*Martyna*
Nie wiem dlaczego ale cały czas myślałam o Piotrku. Czemu ja go cały czas odrzucam? Przecież go kocham. Muszę przestać to wreszcie ukrywać. Poszłam do pracy. Dyżur jak zwykle miałam na 9. Dziś na szczęście jeździłam z Piotrem i mogłam go mieć pod kontrolą ;)
-Hej Piotruś-pocałowałam go przyjacielsko w policzek.
-Witaj Martyna.
-Chciałam cie przeprosić za to, że byłam nerwowa.

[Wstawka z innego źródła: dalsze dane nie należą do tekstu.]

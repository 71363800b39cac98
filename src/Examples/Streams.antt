-- ===== src/Examples/Streams.antt =====
-- Long-lived responses around a shutdown, and a conditional request.
use neokit.Base.{false, [], ◌∷◌, ◌≡◌, none, refl}
use neokit.App.Streams.{Streams, stream_context, signal_shutdown}
use neokit.Fiberx.Etag.{etag, send_with_etag}
use neokit.Fiberx.Etag.Tags.{send_with_etag_listed}
use neokit.Text.{Text, codes, join}

-- One stream that the shutdown ends, and one that a request of the drain opens.
abbrev drained : Streams
drained =
    stream_context false
      (signal_shutdown (stream_context false (record { shutting_down = false; streams = [] })))

abbrev stored : Text
stored = codes "\"a\""

send_with_etag_listed_example :
    send_with_etag
      (join (b',' ∷ []) (stored ∷ etag (1 ∷ 2 ∷ []) ∷ []))
      (etag (1 ∷ 2 ∷ []))
      (codes "private")
      (codes "image/png")
      (7 ∷ [])
    ≡ record {
      status = 304;
      tag = etag (1 ∷ 2 ∷ []);
      cache_control = codes "private";
      content_type = none;
      body = [];
    }
send_with_etag_listed_example =
    send_with_etag_listed (1 ∷ 2 ∷ []) (stored ∷ []) [] (codes "private") (codes "image/png")
      (7 ∷ []) (refl, tt) tt
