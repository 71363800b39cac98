-- ===== src/Jobs/Loop.antt =====
-- How often the work runs (jobs/jobs.go, jobs/daily.go).
use neokit.Base.{
  ℕ, List, suc, Bool, [], zero, ◌≡◌, false, true, map, ◌∷◌, pos, refl, ◌≢◌, ◌<ℤ◌, none, some, ◌↔◌,
  ◌≤ℤ◌, if◌then◌else◌, arith,
}
use neokit.Clock.{Instant, Duration}
use neokit.Jobs.{
  Event, done, fires, Job, Daily, tick, loop, run_job, daily_loop, run_daily, Outcome, Zone,
}

abbrev pub iterate {ℓ} : {W : Type ℓ} → ℕ → (W → W) → W → W
iterate zero f w = w
iterate (suc n) f w = iterate n f (f w)

-- The timer events before the first cancellation, and whether there is one.
abbrev pub fired : List Event → ℕ
fired [] = 0
fired (done ∷ events) = 0
fired (fires ∷ events) = suc (fired events)

abbrev pub cancelled : List Event → Bool
cancelled [] = false
cancelled (done ∷ events) = true
cancelled (fires ∷ events) = cancelled events

loop_lem :
    {W : Type 0} (step : W → W) (events : List Event) (w : W)
    → loop step events w
      ≡ record { world = iterate (fired events) step w; returned = cancelled events }
unfolding loop
loop_lem step [] w = refl
loop_lem step (done ∷ events) w = refl
loop_lem step (fires ∷ events) w = loop_lem step events (step w)

daily_loop_lem :
    {W : Type 0} (arm : Duration → W → W) (wait : Instant → Duration) (step : W → W)
    (events : List (Instant × Event)) (w : W)
    → (daily_loop arm wait step events w).returned ≡ cancelled (map (λ e. e.1) events)
unfolding daily_loop
daily_loop_lem arm wait step [] w = refl
daily_loop_lem arm wait step ((now, done) ∷ events) w = refl
daily_loop_lem arm wait step ((now, fires) ∷ events) w = daily_loop_lem arm wait step events _

module _ {Context W E : Type 0} (with_timeout : Context → Duration → Context) where
  -- A job with a positive interval runs its work once at each tick before its context is done,
  -- and once before the first if it runs at the start, and it returns exactly when the context
  -- is done: no error and no panic of a run ends or delays the loop.
  pub run_job_lem :
      (j : Job Context W E) (ctx : Context) (events : List Event) (w : W)
      (work : Context → W → W × Outcome E)
      → pos 0 <ℤ j.every
      → j.base.work ≡ some work
      → run_job with_timeout j ctx events w
        ≡ some (record {
          world =
              iterate
                (if j.base.run_at_start then suc (fired events) else fired events)
                (tick with_timeout j.base work ctx)
                w;
          returned = cancelled events;
        })
  unfolding run_job
  run_job_lem j ctx events w work h e = ground (
    arith,
    loop_lem (tick with_timeout j.base work ctx) events w,
    loop_lem (tick with_timeout j.base work ctx) events (tick with_timeout j.base work ctx w),
  )

  -- Daily.Run runs, and does not panic, exactly when its hour and minute are a time of day and
  -- there is work to do.
  pub run_daily_panics :
      (z : Zone) (arm : Duration → W → W) (d : Daily Context W E) (ctx : Context)
      (events : List (Instant × Event)) (w : W)
      → (run_daily with_timeout z arm d ctx events w ≢ none) ↔ (
          (pos 0 ≤ℤ d.hour)
          × (d.hour ≤ℤ pos 23)
          × (pos 0 ≤ℤ d.minute)
          × (d.minute ≤ℤ pos 59)
          × (d.base.work ≢ none))
  unfolding run_daily
  run_daily_panics z arm d ctx events w = (λ h. ground (arith, h), λ h k. ground arith)
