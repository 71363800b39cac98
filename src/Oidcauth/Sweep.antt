-- ===== src/Oidcauth/Sweep.antt =====
-- oidcauth/sweep.go: the job that deletes expired sessions. The store and the clock act on a world
-- `W`; a store that does not delete expired sessions has none of it, and a logger's line is a step.
pub mod Keeping
use neokit.Base.{pos, ℕ, ◌*◌, Option, ◌⊎◌, inl, some, inr, true, if◌then◌else◌, none, ltb}
use neokit.Clock.{Instant, Duration, hour, second}
use neokit.Jobs.{Work, Job}
use neokit.Lifecycle.{Outcome, fine, failed}

abbrev pub sweep_interval : Duration
sweep_interval = pos (24 * hour)

abbrev pub sweep_timeout : Duration
sweep_timeout = pos (30 * second)

module _ {Context W E : Type 0} (now : W → W × Instant) (info : ℕ → W → W)
    (warn : Context → E → W → W) where
  -- The Do of SweepJob.
  unfoldable pub sweep : (Instant → W → W × (E ⊎ ℕ)) → Context → W → W × Outcome E
  sweep delete_expired ctx w =
      let (w', t) = now w in
      let (w'', out) = delete_expired t w' in
      elim out [ inl e ↦ (w'', failed e) | inr n ↦ (if ltb 0 n then info n w'' else w'', fine) ]

  -- SweepJob
  unfoldable pub sweep_job : Option (Instant → W → W × (E ⊎ ℕ)) → Option (Job Context W E)
  unfolding sweep
  sweep_job none = none
  sweep_job (some delete_expired) = some (record {
    base = record {
      timeout = sweep_timeout;
      run_at_start = true;
      work = some (sweep delete_expired);
      on_error = none;
      warn = warn;
    };
    every = sweep_interval;
  })
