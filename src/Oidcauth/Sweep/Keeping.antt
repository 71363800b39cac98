-- ===== src/Oidcauth/Sweep/Keeping.antt =====
-- The sweep over the SQLite store: who stays signed in.
use neokit.Base.{
  List, suc, ℕ, ◌⊎◌, inr, ◌∷◌, String, Option, ◌∙◌, ◌≡◌, ltb, some, true, refl, Bool, zero,
  if◌then◌else◌, false, none, arith,
}
use neokit.Clock.{Instant, Duration, after}
use neokit.Jobs.{Event, Run, Job, run_job, tick}
use neokit.Jobs.Loop.{iterate, fired, cancelled, run_job_lem}
use neokit.Session.{Session}
use neokit.Session.Sqlite.{Row, Json, session_by_token, delete_expired_sessions}
use neokit.Session.Sqlite.Rows.{Reach, sweeps}
use neokit.Session.Sqlite.Answers.{session_by_token-delete_expired_sessions}
use neokit.Oidcauth.Sweep.{sweep, sweep_job, sweep_timeout, sweep_interval}

-- The sessions table, and a clock with how often it was read.
pub record World : Type 0 where
  pub rows : List Row
  pub clock : ℕ → Instant
  pub reads : ℕ
  pub lines : List ℕ

abbrev pub now : World → World × Instant
now w = (record w { reads = suc w.reads }, w.clock w.reads)

abbrev pub info : ℕ → World → World
info n w = record w { lines = n ∷ w.lines }

unfoldable pub delete_rows : {E : Type 0} → Instant → World → World × (E ⊎ ℕ)
delete_rows t w =
    let (left, n) = delete_expired_sessions t w.rows in (record w { rows = left }, inr n)

-- A session that the table still finds, and that expires after every reading of the clock.
Kept : Json → String → Session → World → Type 0
Kept json h s w =
    Reach json w.rows
    × (session_by_token json h w.rows ≡ some s)
    × ((n : ℕ) → after s.expires_at (w.clock n) ≡ true)

module _ {Context E : Type 0} (with_timeout : Context → Duration → Context)
    (warn : Context → E → World → World) (json : Json) (h : String) (s : Session) where
  abbrev pub job : Option (Job Context World E)
  job = sweep_job now info warn (some delete_rows)

  swept-Kept :
      (w : World)
      → Kept json h s w
      → Kept json h s (record w {
        rows = (delete_expired_sessions (w.clock w.reads) w.rows).0;
        reads = suc w.reads;
      })
  unfolding Kept
  swept-Kept w (r, e, k) = (
    sweeps (w.clock w.reads) r,
    (session_by_token-delete_expired_sessions json (w.clock w.reads) h r).0
        ∙ rw (e, k w.reads) refl,
    k,
  )

  -- A line of the log changes nothing of it.
  logged :
      (b : Bool) (n : ℕ) (w : World) → Kept json h s w → Kept json h s (if b then info n w else w)
  unfolding Kept
  logged true n w k = k
  logged false n w k = k

  one_tick :
      (j : Job Context World E) (ctx : Context) (w : World)
      → Kept json h s w
      → Kept json h s (tick with_timeout j.base (sweep now info warn delete_rows) ctx w)
  unfolding tick sweep delete_rows
  one_tick j ctx w k =
      logged (ltb 0 (delete_expired_sessions (w.clock w.reads) w.rows).1) _ _ (swept-Kept w k)

  ticks-Kept :
      (j : Job Context World E) (ctx : Context) (n : ℕ) (w : World)
      → Kept json h s w
      → Kept json h s (iterate n (tick with_timeout j.base (sweep now info warn delete_rows) ctx) w)
  ticks-Kept j ctx zero w k = k
  ticks-Kept j ctx (suc n) w k = ticks-Kept j ctx n _ (one_tick j ctx w k)

  -- However long the sweep runs over the SQLite store, a session that the table finds, and that
  -- expires after every time the clock gives, is found by its token as before.
  pub sweep_job-session_by_token :
      (ctx : Context) (events : List Event) (w : World)
      → Reach json w.rows
      → session_by_token json h w.rows ≡ some s
      → ((n : ℕ) → after s.expires_at (w.clock n) ≡ true)
      → (j : Job Context World E) × (r : Run World) × (job ≡ some j)
        × (run_job with_timeout j ctx events w ≡ some r)
        × (r.returned ≡ cancelled events)
        × (session_by_token json h r.world.rows ≡ some s)
  unfolding sweep_job Kept
  sweep_job-session_by_token ctx events w r e k = (
    j,
    record { world = iterate (suc (fired events)) step w; returned = cancelled events },
    refl,
    run_job_lem with_timeout j ctx events w (sweep now info warn delete_rows) (ground arith) refl,
    refl,
    found (iterate (suc (fired events)) step w) (ticks-Kept j ctx (suc (fired events)) w (r, e, k)),
  )
    where
      j : Job Context World E
      j = record {
        base = record {
          timeout = sweep_timeout;
          run_at_start = true;
          work = some (sweep now info warn delete_rows);
          on_error = none;
          warn = warn;
        };
        every = sweep_interval;
      }

      step : World → World
      step = tick with_timeout j.base (sweep now info warn delete_rows) ctx

      found : (w : World) → Kept json h s w → session_by_token json h w.rows ≡ some s
      found w k = k.1
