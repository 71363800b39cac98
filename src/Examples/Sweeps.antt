-- ===== src/Examples/Sweeps.antt =====
-- A sweep of a table with one device, at its start and twice after.
use neokit.Base.{[], pos, ℕ, ◌≡◌, ◌*◌, String, false, some, refl, ◌∷◌}
use neokit.Clock.{Duration, second}
use neokit.Text.{codes}
use neokit.Jobs.{done, fires, Run, Job, run_job}
use neokit.Jobs.Loop.{cancelled}
use neokit.Session.{Session}
use neokit.Session.Sqlite.{session_by_token, create_session}
use neokit.Oidcauth.Sweep.Keeping.{World, job, sweep_job-session_by_token}
use neokit.Examples.Devices.{json, table, table-Reach, hash}

abbrev unbounded : ℕ → Duration → ℕ
unbounded ctx d = ctx

abbrev ignored : ℕ → String → World → World
ignored ctx e w = w

-- The device as the table gives it back: its times are cut to the second.
abbrev laptop : Session
laptop = record {
  id = "laptop";
  subject = codes "alice";
  name = codes "Alice";
  email = codes "alice@example.org";
  groups = [];
  owner = false;
  user_agent = [];
  created_at = pos (100 * second);
  last_seen_at = pos (100 * second);
  expires_at = pos (900 * second);
}

laptop-found : session_by_token json hash table ≡ some laptop
unfolding session_by_token create_session
laptop-found = refl

abbrev start : World
start = record { rows = table; clock = λ n. pos (500 * second); reads = 0; lines = [] }

sweep_job-session_by_token_example :
    (j : Job ℕ World String) × (r : Run World) × (job unbounded ignored json hash laptop ≡ some j)
    × (run_job unbounded j 0 (fires ∷ fires ∷ done ∷ []) start ≡ some r)
    × (r.returned ≡ cancelled (fires ∷ fires ∷ done ∷ []))
    × (session_by_token json hash r.world.rows ≡ some laptop)
sweep_job-session_by_token_example =
    sweep_job-session_by_token unbounded ignored json hash laptop 0 (fires ∷ fires ∷ done ∷ [])
      start table-Reach laptop-found (λ n. refl)
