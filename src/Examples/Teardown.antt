-- ===== src/Examples/Teardown.antt =====
-- A stack of two steps over a log: each step writes its name, and the second fails.
use neokit.Base.{String, List, ◌≡◌, ◌++◌, ◌∷◌, [], pos, false, refl, ◌*◌, none, true}
use neokit.Clock.{Duration, second}
use neokit.Text.{codes, trim}
use neokit.Lifecycle.{StepFn, Step, Stack, fine, failed, push, shutdown}
use neokit.Lifecycle.Teardown.{unwound, reports, shutdown_unwinds}
use neokit.App.{Options, Parts, App, created, new, run, shutdown_step_timeout}
use neokit.App.Order.{push_all, run_teardown}

-- A context is the time that it leaves.
abbrev bounded : Duration → Duration → Duration
bounded ctx d = d

abbrev Log : Type 0
Log = List String

abbrev says : String → StepFn Duration Log String
says name ctx log = (log ++ name ∷ [], fine)

abbrev breaks : StepFn Duration Log String
breaks ctx log = (log ++ "broken" ∷ [], failed "oops")

abbrev stack : Stack Duration Log String
stack = record {
  steps =
      record { name = "database"; fn = says "database" }
      ∷ record { name = "cache"; fn = breaks }
      ∷ [];
  done = false;
}

abbrev grace : Duration
grace = pos (10 * second)

shutdown_unwinds_example : shutdown bounded grace grace stack [] ≡ record {
  stack = record { steps = []; done = true };
  world = unwound bounded grace grace stack.steps [];
  errors = reports bounded grace grace stack.steps [];
}
shutdown_unwinds_example = shutdown_unwinds bounded grace grace stack [] refl

abbrev parts : Parts Duration Log String
parts = record {
  cancel = λ log. log ++ "cancel" ∷ [];
  release = λ log. log ++ "release" ∷ [];
  drain = says "drain";
  wait_go = says "join";
  trace_shutdown = says "traces";
  metrics_shutdown = says "metrics";
}

abbrev options : Options
options = record {
  name = codes "svc";
  version = [];
  api_base = [];
  auth_base = [];
  metrics_token = [];
}

abbrev app : App Duration Log String
app = record {
  name = codes "svc";
  version = codes "v1";
  api_base = codes "/api/v1";
  auth_base = codes "/api/auth";
  shutdown = record {
    steps =
        record { name = "tracing"; fn = says "traces" }
        ∷ record { name = "metrics-export"; fn = says "metrics" }
        ∷ [];
    done = false;
  };
}

app_created : (new parts options (codes "v1") none none []).1 ≡ created app
unfolding new push trim
app_created = refl

abbrev users : List (Step Duration Log String)
users = stack.steps

run_teardown_example :
    let act : StepFn Duration Log String → Log → Log = λ fn v. (fn shutdown_step_timeout v).0 in
    let joined = act (says "join") (parts.cancel (act (says "drain") (parts.release []))) in
    let stopped = unwound bounded grace shutdown_step_timeout users joined in
    (run parts bounded grace none (record app { shutdown = push_all users app.shutdown }) []).1
    ≡ parts.release (parts.cancel (act (says "traces") (act (says "metrics") stopped)))
run_teardown_example =
    run_teardown parts bounded grace options (codes "v1") none none none users app [] [] app_created
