-- ===== src/Httpc/Client/Tokens.antt =====
-- When the caching token source logs in (httpc/client.go).
use neokit.Base.{
  ◌≡◌, ◌≢◌, ◌⊎◌, ◌≤ℤ◌, ◌<ℤ◌, ◌-ℤ◌, pos, String, string_eq, List, [], ◌∷◌, inr, arith, refl, map,
  -ℤ_parts, +ℤ_parts, sym, ◌∙◌,
}
use neokit.Clock.{Instant, Duration, add}
use neokit.Httpc.Client.{Source, Times, expired, set_expiry, token_of}

module _ {W E : Type 0} (login : W → W × (E ⊎ (String × Duration))) where
  -- The callers whose requests were all rejected with the same token, one after the other.
  abbrev pub burst : String → List Times → Source → W → Source × W × List (E ⊎ String)
  burst stale [] s w = (s, w, [])
  burst stale (t ∷ ts) s w =
      let (s', w', r) = token_of login t stale s w in
      let (s'', w'', rs) = burst stale ts s' w' in (s'', w'', r ∷ rs)

  reuses :
      (t : Times) (stale : String) (s : Source) (w : W)
      → stale ≢ ""
      → s.token ≢ ""
      → s.token ≢ stale
      → token_of login t stale s w ≡ (s, w, inr s.token)
  unfolding token_of
  reuses t stale s w h k l = ground (
    arith,
    string_eq.beq_iff stale "",
    string_eq.beq_iff s.token "",
    string_eq.beq_iff s.token stale,
    h,
    k,
    l,
  )

  burst_reuses :
      (ts : List Times) (stale : String) (s : Source) (w : W)
      → stale ≢ ""
      → s.token ≢ ""
      → s.token ≢ stale
      → burst stale ts s w ≡ (s, w, map (λ t. inr s.token) ts)
  burst_reuses [] stale s w h k l = refl
  burst_reuses (t ∷ ts) stale s w h k l =
      rw (reuses t stale s w h k l, burst_reuses ts stale s w h k l) refl

  pub logs_in :
      (t : Times) (stale token : String) (ttl : Duration) (s : Source) (w w' : W)
      → stale ≢ ""
      → s.token ≡ stale
      → login w ≡ (w', inr (token, ttl))
      → token_of login t stale s w
        ≡ (set_expiry t.logged_in ttl (record s { token = token }), w', inr token)
  unfolding token_of
  logs_in t stale token ttl s w w' h k l =
      ground (arith, string_eq.beq_iff stale "", string_eq.beq_iff s.token stale, h, k, l)

  set_expiry_token :
      (now : Instant) (ttl : Duration) (s : Source) → (set_expiry now ttl s).token ≡ s.token
  unfolding set_expiry
  set_expiry_token now ttl s = ground arith

  -- However many callers were rejected with the cached token, if the first of them logs in and
  -- gets another one, that login is the only one: every caller is given the new token.
  pub burst_logs_in_once :
      (t : Times) (ts : List Times) (stale token : String) (ttl : Duration) (s : Source) (w w' : W)
      → stale ≢ ""
      → s.token ≡ stale
      → login w ≡ (w', inr (token, ttl))
      → token ≢ ""
      → token ≢ stale
      → burst stale (t ∷ ts) s w ≡ (
        set_expiry t.logged_in ttl (record s { token = token }),
        w',
        map (λ x. inr token) (t ∷ ts),
      )
  burst_logs_in_once t ts stale token ttl s w w' h k l m n =
      let s' = set_expiry t.logged_in ttl (record s { token = token }) in
      let e : s'.token ≡ token = set_expiry_token t.logged_in ttl (record s { token = token }) in
      rw
        (
          logs_in t stale token ttl s w w' h k l,
          burst_reuses ts stale s' w' h (λ x. m (sym e ∙ x)) (λ x. n (sym e ∙ x)),
          e,
        )
        refl

  -- A token that a login gave is handed out with no further login until the margin before its end,
  -- if it lasts longer than the margin, and until its end otherwise; from then on the next caller
  -- logs in. A token of no known lifetime is handed out for good.
  pub cached_until :
      (t u : Times) (token : String) (ttl : Duration) (s : Source) (w : W)
      → token ≢ ""
      → pos 0 <ℤ t.logged_in
      → let s' = set_expiry t.logged_in ttl (record s { token = token }) in
        (ttl ≤ℤ pos 0 → token_of login u "" s' w ≡ (s', w, inr token))
        × (s.margin <ℤ ttl
            → pos 0 ≤ℤ s.margin
            → u.asked <ℤ add t.logged_in (ttl -ℤ s.margin)
            → token_of login u "" s' w ≡ (s', w, inr token))
        × (pos 0 <ℤ ttl
            → ttl ≤ℤ s.margin
            → u.asked <ℤ add t.logged_in ttl
            → token_of login u "" s' w ≡ (s', w, inr token))
        × (s.margin <ℤ ttl
            → pos 0 ≤ℤ s.margin
            → add t.logged_in (ttl -ℤ s.margin) ≤ℤ u.asked
            → (token_of login u "" s' w).1 ≡ (login w).0)
  unfolding token_of set_expiry expired
  cached_until t u token ttl s w h k =
      let named = string_eq.beq_iff token "" in
      let sum = +ℤ_parts t.logged_in (ttl -ℤ s.margin) in
      let kept = -ℤ_parts ttl s.margin in
      let whole = +ℤ_parts t.logged_in ttl in
      (
        λ a. ground (arith, named, h, a),
        λ a b c. ground (arith, named, h, a, c),
        λ a b c. ground (arith, named, h, a, b, c),
        λ a b c. ground (arith, named, h, a, c, sum, kept),
      )
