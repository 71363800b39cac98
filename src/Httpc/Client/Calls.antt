-- ===== src/Httpc/Client/Calls.antt =====
-- The calls of a client (httpc/client.go).

use neokit.Base.{
  ap, ℕ, ◌≡◌, ◌≢◌, ◌⊎◌, Bool, true, false, String, string_eq, Option, none, some, inl, inr, arith,
  refl, Bool-cases,
}
use neokit.Clock.{Duration}
use neokit.Httpc.Client.{
  Source, Times, Sent, unreachable, answered, CallError, auth_failed, request_failed, expired,
  set_expiry, token_of, do_with_token_retry, outcome, attempt, rejected, do_json, is_unauthorized,
}
use neokit.Httpc.Client.Tokens.{logs_in}

module _ {W E : Type 0} (login : W → W × (E ⊎ (String × Duration))) (denied : E → Bool) where
  -- A request as DoWithTokenRetry is given it, and its result as DoJSON reports it.
  abbrev pub as_request : (Option String → W → W × Sent) → String → W → W × Option (ℕ × Bool)
  as_request send token w =
      let (w', sent) = send (some token) w in
      (w', elim sent [ unreachable ↦ none | answered status decodes ↦ some (status, decodes) ])

  abbrev pub as_error : E ⊎ Option (ℕ × Bool) → Option (CallError E)
  as_error (inl e) = some (auth_failed e)
  as_error (inr none) = some request_failed
  as_error (inr (some (status, decodes))) = outcome login (answered status decodes)

  abbrev Agree : (Option String → W → W × Sent) → Times → Times → Source → W → Type 0
  Agree send t u s w =
      let (s', w', result) = do_with_token_retry login t u (as_request send) s w in
      do_json login denied true send t u (some s) w ≡ (some s', w', as_error result)

  attempt_sent :
      (send : Option String → W → W × Sent) (t : Times) (stale token : String) (s s' : Source)
      (w w' : W)
      → token_of login t stale s w ≡ (s', w', inr token)
      → attempt login true send t stale (some s) w
        ≡ (some s', (send (some token) w').0, token, outcome login (send (some token) w').1)
  unfolding attempt
  attempt_sent send t stale token s s' w w' e = ground (arith, e)

  attempt_refused :
      (send : Option String → W → W × Sent) (t : Times) (stale : String) (s s' : Source) (w w' : W)
      (x : E)
      → token_of login t stale s w ≡ (s', w', inl x)
      → attempt login true send t stale (some s) w ≡ (some s', w', "", some (auth_failed x))
  unfolding attempt
  attempt_refused send t stale s s' w w' x e = ground (arith, e)

  outcome_unauthorized :
      (status : ℕ) (decodes : Bool)
      → rejected login denied (outcome login (answered status decodes)) ≡ is_unauthorized status
  unfolding outcome
  outcome_unauthorized status decodes = ground arith

  outcome_unreachable : outcome login unreachable ≡ some request_failed
  unfolding outcome
  outcome_unreachable = refl

  as_error_reply :
      (sent : Sent)
      → as_error (
          inr (elim sent [ unreachable ↦ none | answered status decodes ↦ some (status, decodes) ]))
        ≡ outcome login sent
  unfolding outcome
  as_error_reply unreachable = refl
  as_error_reply (answered status decodes) = refl

  -- DoJSON with a token source and a request that can be built is DoWithTokenRetry, unless the login
  -- for its first token fails with an error that holds an APIError of status 401: it asks for the
  -- same tokens, issues the same requests in the same order, and reports what that one returns. After
  -- such a failure DoJSON attempts the whole call once more, asking for a token as at first, and
  -- reports what that attempt does.
  pub do_json-do_with_token_retry :
      (send : Option String → W → W × Sent) (t u : Times) (s : Source) (w : W)
      → let (s', w', result) = do_with_token_retry login t u (as_request send) s w in
        (((e : E) → (token_of login t "" s w).2 ≡ inl e → denied e ≡ false)
          → do_json login denied true send t u (some s) w ≡ (some s', w', as_error result))
        × ((s1 : Source) (w1 : W) (e : E)
            → token_of login t "" s w ≡ (s1, w1, inl e)
            → denied e ≡ true
            → let (s2, w2, used, err) = attempt login true send u "" (some s1) w1 in
              do_json login denied true send t u (some s) w ≡ (s2, w2, err))
  unfolding do_json do_with_token_retry
  do_json-do_with_token_retry send t u s w = (
    λ mild. first mild (token_of login t "" s w) refl,
    λ s1 w1 e k d. ground (arith, attempt_refused send t "" s s1 w w1 e k, d),
  )
    where
      third :
          (s' : Source) (w' w'' : W) (token : String) (status : ℕ) (decodes : Bool)
          → token_of login t "" s w ≡ (s', w', inr token)
          → send (some token) w' ≡ (w'', answered status decodes)
          → is_unauthorized status ≡ true
          → (r : Source × W × (E ⊎ String)) → token_of login u token s' w'' ≡ r
          → Agree send t u s w
      third s' w' w'' token status decodes e f x (s2, w2, inl y) g = ground (
        arith,
        attempt_sent send t "" token s s' w w' e,
        outcome_unauthorized status decodes,
        attempt_refused send u token s' s2 w'' w2 y g,
        e,
        f,
        x,
        g,
      )
      third s' w' w'' token status decodes e f x (s2, w2, inr y) g = ground (
        arith,
        attempt_sent send t "" token s s' w w' e,
        outcome_unauthorized status decodes,
        attempt_sent send u token y s' s2 w'' w2 g,
        as_error_reply (send (some y) w2).1,
        e,
        f,
        x,
        g,
      )

      second :
          (s' : Source) (w' : W) (token : String)
          → token_of login t "" s w ≡ (s', w', inr token)
          → (r : W × Sent) → send (some token) w' ≡ r
          → Agree send t u s w
      second s' w' token e (w'', unreachable) f =
          ground (arith, attempt_sent send t "" token s s' w w' e, outcome_unreachable, e, f)
      second s' w' token e (w'', answered status decodes) f =
          elim (Bool-cases (is_unauthorized status)) [
            | inl x ↦
                third s' w' w'' token status decodes e f x (token_of login u token s' w'') refl
            | inr x ↦ ground (
              arith,
              attempt_sent send t "" token s s' w w' e,
              outcome_unauthorized status decodes,
              e,
              f,
              x,
            )
          ]

      first :
          ((e : E) → (token_of login t "" s w).2 ≡ inl e → denied e ≡ false)
          → (r : Source × W × (E ⊎ String)) → token_of login t "" s w ≡ r
          → Agree send t u s w
      first mild (s', w', inl x) e =
          ground (arith, attempt_refused send t "" s s' w w' x e, e, mild x (ap (λ r. r.2) e))
      first mild (s', w', inr token) e = second s' w' token e (send (some token) w') refl

  cached :
      (t : Times) (s : Source) (w : W)
      → s.token ≢ ""
      → expired t.asked s ≡ false
      → token_of login t "" s w ≡ (s, w, inr s.token)
  unfolding token_of
  cached t s w h k = ground (arith, string_eq.beq_iff s.token "", h, k)

  -- When the cached token is rejected with a 401 and a login gives another, the request goes out
  -- exactly once more, with the new token, and its result is the call's.
  pub do_json_reauthenticates :
      (send : Option String → W → W × Sent) (t u : Times) (s : Source) (w w' w'' : W)
      (decodes : Bool) (token : String) (ttl : Duration)
      → s.token ≢ ""
      → expired t.asked s ≡ false
      → send (some s.token) w ≡ (w', answered 401 decodes)
      → login w' ≡ (w'', inr (token, ttl))
      → do_json login denied true send t u (some s) w ≡ (
        some (set_expiry u.logged_in ttl (record s { token = token })),
        (send (some token) w'').0,
        outcome login (send (some token) w'').1,
      )
  unfolding do_json
  do_json_reauthenticates send t u s w w' w'' decodes token ttl h k l m = ground (
    arith,
    attempt_sent send t "" s.token s s w w (cached t s w h k),
    outcome_unauthorized 401 decodes,
    attempt_sent send u s.token token s (set_expiry u.logged_in ttl (record s { token = token })) w'
        w'' (logs_in login u s.token token ttl s w' w'' h refl m),
    l,
  )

-Byłaś zazdrosna-droczył się ze mną.
-Tak to prawda! Byłam zazdrosna bo cie kocham-nie spodziewał się tej odpowiedzi. A ja nie wierzyłam,że wydusiłam to z siebie.
Wtedy on pocałował mnie. Tego się nie spodziewałam.
-Te romanse to po pracy-powiedział Góra. Jak zwykle w nieodpowiednim momencie. Ja go chyba kiedyś zabije!-no dalej wsiadać wezwanie mamy.
-Już idziemy-powiedziałam ironicznie. Szczerze to byłam wściekła.
Dyżur był w miare spokojny. Wezwań nie było zbyt wiele. Góra nie dawał oznaki życia. Po prostu wspaniale. Po dyżurze poszłam z Piotrem do kina na horror, czyli to co, po prostu lubię. Po filmie Piotr odprowadził mnie do domu.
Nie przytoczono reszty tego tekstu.